Dictionary sources and adaptability across domains
Per your suggestion, we investigated whether training a dictionary on a specific domain enhances the performance. In our ablation below, we trained a dictionary on different sources:
- Dictionary trained on WikiText-103.
- Dictionary trained on GSM8K training set.
- Dictionary trained on WikiText-103 then finetuned on GSM8K.
| Sparsity | KV size | Trained on WikiText | Trained on GSM8K | Finetuned on GSM8K |
|---|---|---|---|---|
| s=24 | 36.9% | 76.88 | 77.63 | 79.68 |
| s=14 | 26.1% | 75.06 | 70.51 | 75.89 |
| s=10 | 22.7% | 69.67 | 59.59 | 67.25 |
We observe that training a dictionary from scratch on GSM8K significantly underperforms, especially at low sparsities. Overfitting to GSM8K fails to generalize even to its test set. In contrast, finetuning the universal dictionary on GSM8K provides marginal improvement but adds the additional overhead of custom fine-tuning.
Missing reference
We appreciate the reviewer’s suggestion and will incorporate QJL into our related work. While QJL introduces a 1-bit quantization approach for KV cache compression, its experiments are confined to 3- and 5-bit schemes. In contrast, our work benchmarks Lexico against 2- and 4-bit state-of-the-art methods, and further pushes the efficiency by exploring memory regimes lower than 2 bits. Whereas QJL applies its transformation solely to keys (with per-token quantization for values), our approach compresses both keys and values, offering a more comprehensive and efficient solution.

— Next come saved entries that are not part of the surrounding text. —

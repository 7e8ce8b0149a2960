-- ===== src/Tests.antt =====
-- Runs of the services on a small shop, and the theorems at concrete inputs.
pub mod Samples
mod Access
mod Books
mod Orders
mod Payments
mod Runs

The paper proposes Lexico, a compression scheme of the KV cache by finding a sparse representation of each key and value vector using a pre-trained dictionary. Most of the reviewers were quite positive about the paper, given the method's significant compression rate while mostly maintaining the accuracy performance. The authors also provided several additional experimental results that corroborates the contribution of the paper. One reviewer (Vzmg) was somewhat critical about a missing reference, but given the overall contribution, the paper seems worth publishing at ICML, as also has been acknowledged by other reviewer (fiw3). So, the recommendation is Accept.